What "good" looks like
The bar is resolved-issue rate on SWE-bench Verified, the 500-problem human-validated subset that OpenAI shipped in August 2024 to address noise and contamination concerns in the original SWE-bench[1]. A resolved issue is one where the model edits the right files and the hidden test patch passes against the model's diff. There is no partial credit. Anthropic's Claude 3.5 Sonnet report puts a minimal Bash+Edit agent at 49% on Verified, and the writeup is explicit that performance "varies significantly based on this scaffolding" around the model[2]. That single sentence is the reason this metric is hard to interpret in the wild: a 5% delta between two models can flip if you change the scaffold.
Treat the metric as a property of the agent, not the model. Report the scaffold alongside the score: which tools the model has, what the system prompt says, whether the agent gets one shot or multiple turns with test feedback. Most public leaderboard numbers are not directly comparable because the scaffolds differ.
Secondary metrics
Token cost per problem. SWE-bench Verified scores climb with longer trajectories; the ratio of tokens to resolved issues is the production signal. Trajectory length in turns. A 40-turn solution to a 5-turn problem hides a fragility you will see in real PRs. Regression rate, defined as a patch that fixes the target test but breaks a previously passing test elsewhere in the suite[3]. Sampled patch quality from human review on 5 to 10% of resolved issues; a passing patch can still be wrong-shaped, monkey-patched, or undo a prior fix.
Offline eval design
Run SWE-bench Verified end to end, then add SWE-Lancer Diamond from the OpenAI preparedness repo for higher-difficulty freelance-style tasks where the original benchmark saturates[4]. Both should be sealed: no patches leak into the training pipeline. On top of those two, build a "golden 50" from your team's recently merged PRs: capture the pre-merge state, the failing test, and the merge SHA so the harness can replay deterministically. The replay set is what makes the eval product-specific instead of leaderboard-shaped.
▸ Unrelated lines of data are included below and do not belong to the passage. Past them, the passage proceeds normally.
-- ===== src/Fec/Decoder.antt =====
-- internal/fec/fec.go: Decoder, the map from block ids to blocks.
pub mod Expire
pub mod History
use supervpn.Base.{
  ℕ, zero, suc, ◌+◌, ◌-◌, ◌*◌, List, [], ◌∷◌, ltb, ◌==◌, ◌||◌, not, if◌then◌else◌, true, false,
  Bool, Option, none, some, Go, ok, guard, ◌>>◌,
}
use supervpn.Fec.Shards.{ReedSolomon}
use supervpn.Fec.Encoder.{InitError, rs_decoder_init}
use supervpn.Fec.Block.{Block, fresh_block, Received, receive}

abbrev pub max_old_blocks : ℕ
max_old_blocks = 8

abbrev pub block_keep_age : ℕ
block_keep_age = 2 * 1_000_000_000

pub record Decoder : Type 0 where
  pub blocks : List (ℕ × Block)
  pub max_seen : ℕ
  pub min_block_id : ℕ

-- The map from block ids to blocks, as an association list.
unfoldable pub find_block : ℕ → List (ℕ × Block) → Option Block
find_block id [] = none
find_block id ((i, b) ∷ blocks) = if i == id then some b else find_block id blocks

unfoldable pub store_block : ℕ → Block → List (ℕ × Block) → List (ℕ × Block)
store_block id b [] = (id, b) ∷ []
store_block id b ((i, c) ∷ blocks) =
    if i == id then (id, b) ∷ blocks else (i, c) ∷ store_block id b blocks

unfoldable pub delete_block : ℕ → List (ℕ × Block) → List (ℕ × Block)
delete_block id [] = []
delete_block id ((i, b) ∷ blocks) =
    if i == id then delete_block id blocks else (i, b) ∷ delete_block id blocks

abbrev pub empty_decoder : Decoder
empty_decoder = record { blocks = []; max_seen = 0; min_block_id = 0 }

unfoldable pub new_decoder : ReedSolomon → ℕ → ℕ → Go InitError Decoder
new_decoder rs k r = do guard (not (ltb 1 r) || rs.create k r) rs_decoder_init; ok empty_decoder

-- `b.lastActivity.IsZero() || now.Sub(b.lastActivity) > blockKeepAge`
abbrev pub is_expired : ℕ → Option ℕ → Bool
is_expired now none = true
is_expired now (some t) = ltb block_keep_age (now - t)

-- The loop of `expire`; the argument is the distance to the threshold.
unfoldable pub expire_loop : ℕ → ℕ → Decoder → Decoder
expire_loop zero now d = d
expire_loop (suc left) now d = elim (find_block d.min_block_id d.blocks) [
  | none ↦ expire_loop left now (record d { min_block_id = d.min_block_id + 1 })
  | some b ↦
      let rest = expire_loop left now (record d {
        blocks = delete_block d.min_block_id d.blocks;
        min_block_id = d.min_block_id + 1;
      }) in
      if is_expired now b.last_activity then rest else d
]

unfoldable pub expire : ℕ → Decoder → Decoder
expire now d =
    if ltb d.max_seen max_old_blocks
    then d
    else expire_loop (d.max_seen - max_old_blocks - d.min_block_id) now d

abbrev pub block_or_fresh : ℕ → ℕ → Option Block → Block
block_or_fresh k r none = fresh_block k r
block_or_fresh k r (some b) = b

abbrev pub get_or_create : ℕ → ℕ → ℕ → Decoder → Block
get_or_create k r id d = block_or_fresh k r (find_block id d.blocks)

module _ (rs : ReedSolomon) (k r : ℕ) where
  unfoldable pub add : ℕ → ℕ → ℕ → List ℕ → Bool → Decoder → Received × Decoder
  add now block_id idx pkt is_repair d =
      let d' =
        if ltb d.max_seen block_id then expire now (record d { max_seen = block_id }) else d in
      let (out, b) = receive rs k r now idx pkt is_repair (get_or_create k r block_id d') in
      (out, record d' { blocks = store_block block_id b d'.blocks })

-- `BlockDone`
unfoldable pub block_done : ℕ → Decoder → Bool
block_done id d = elim (find_block id d.blocks) [ none ↦ false | some b ↦ b.done ]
Score with the official SWE-bench harness for parity. Capture the trajectory for every attempt, not just pass/fail, so failures are debuggable later. Pin the model and the scaffold version; both contribute to the score and both move independently.
Online eval design
Log every patch attempt with a fixed schema: diff, files touched, tests added or modified, retry count, latency, tokens. Human-review 5 to 10% of accepted patches each week. Alert on three patterns. A regression spike, defined as week-over-week increase in patches that pass the target test but fail any previously passing test. The "passes tests but reverts a previous fix" pattern, detectable by git-blame analysis of removed lines. Cost-per-resolved-issue drift greater than 20% week over week, which usually indicates either an agent regression or a distribution shift in incoming issues.
A trajectory viewer beats a metrics dashboard. When the resolved rate drops, the on-call's first action should be replaying ten recent failures with full bash and edit history visible, not staring at a Grafana panel.
Top benchmarks
The official SWE-bench harness is the only way to get comparable Verified numbers. OpenHands and Aider are the two most common open-source agent scaffolds; both are worth comparing on your golden 50 because their tool surfaces differ. Inspect AI from UK AISI provides a research-grade harness with strong sandbox primitives and is the cleanest path for adding new evaluators alongside the standard ones. Braintrust or Langfuse handle trajectory logging in production, including per-step token accounting that the official harness does not capture.
Common pitfalls
Reporting headline SWE-bench instead of Verified. The original set is contaminated and noisy; numbers there mean less every release. Treating "tests pass" as ground truth. Hidden tests can be trivial; patches can monkey-patch tests or revert unrelated assertions. Sample for human review. Ignoring agent scaffolding when comparing models. The Sonnet writeup makes the point plainly: the same model, different scaffold, swings the score meaningfully[2]. Skipping the regression check. A patch that resolves the issue but breaks another test is a production incident, not a win.
Canonical reading
Anthropic's SWE-bench Sonnet report is the most useful single reading because it makes the scaffolding point explicit and shows a minimal Bash+Edit agent reaching competitive numbers without elaborate planning[2]. Read it alongside the original Jimenez et al. paper for the benchmark design[3] and the SWE-bench Verified site notes for what changed in the 500-problem subset[5].
Day-1 starter
- Pick 10 recently merged PRs from your repo. For each, save the pre-merge SHA, the failing test, and the human-authored diff as gold. Replay them as SWE-bench-style tasks via the official harness.
- Wire pass/fail to your CI on a small smoke subset (3 to 5 problems) per PR; run the full set nightly. Hamel's field guide framing applies directly: remove friction from looking at failed trajectories[6].
- Stand up a trajectory viewer. At minimum, the bash log and the unified diff for every attempt should be one click from the score. The viewer is the eval; the score is the headline.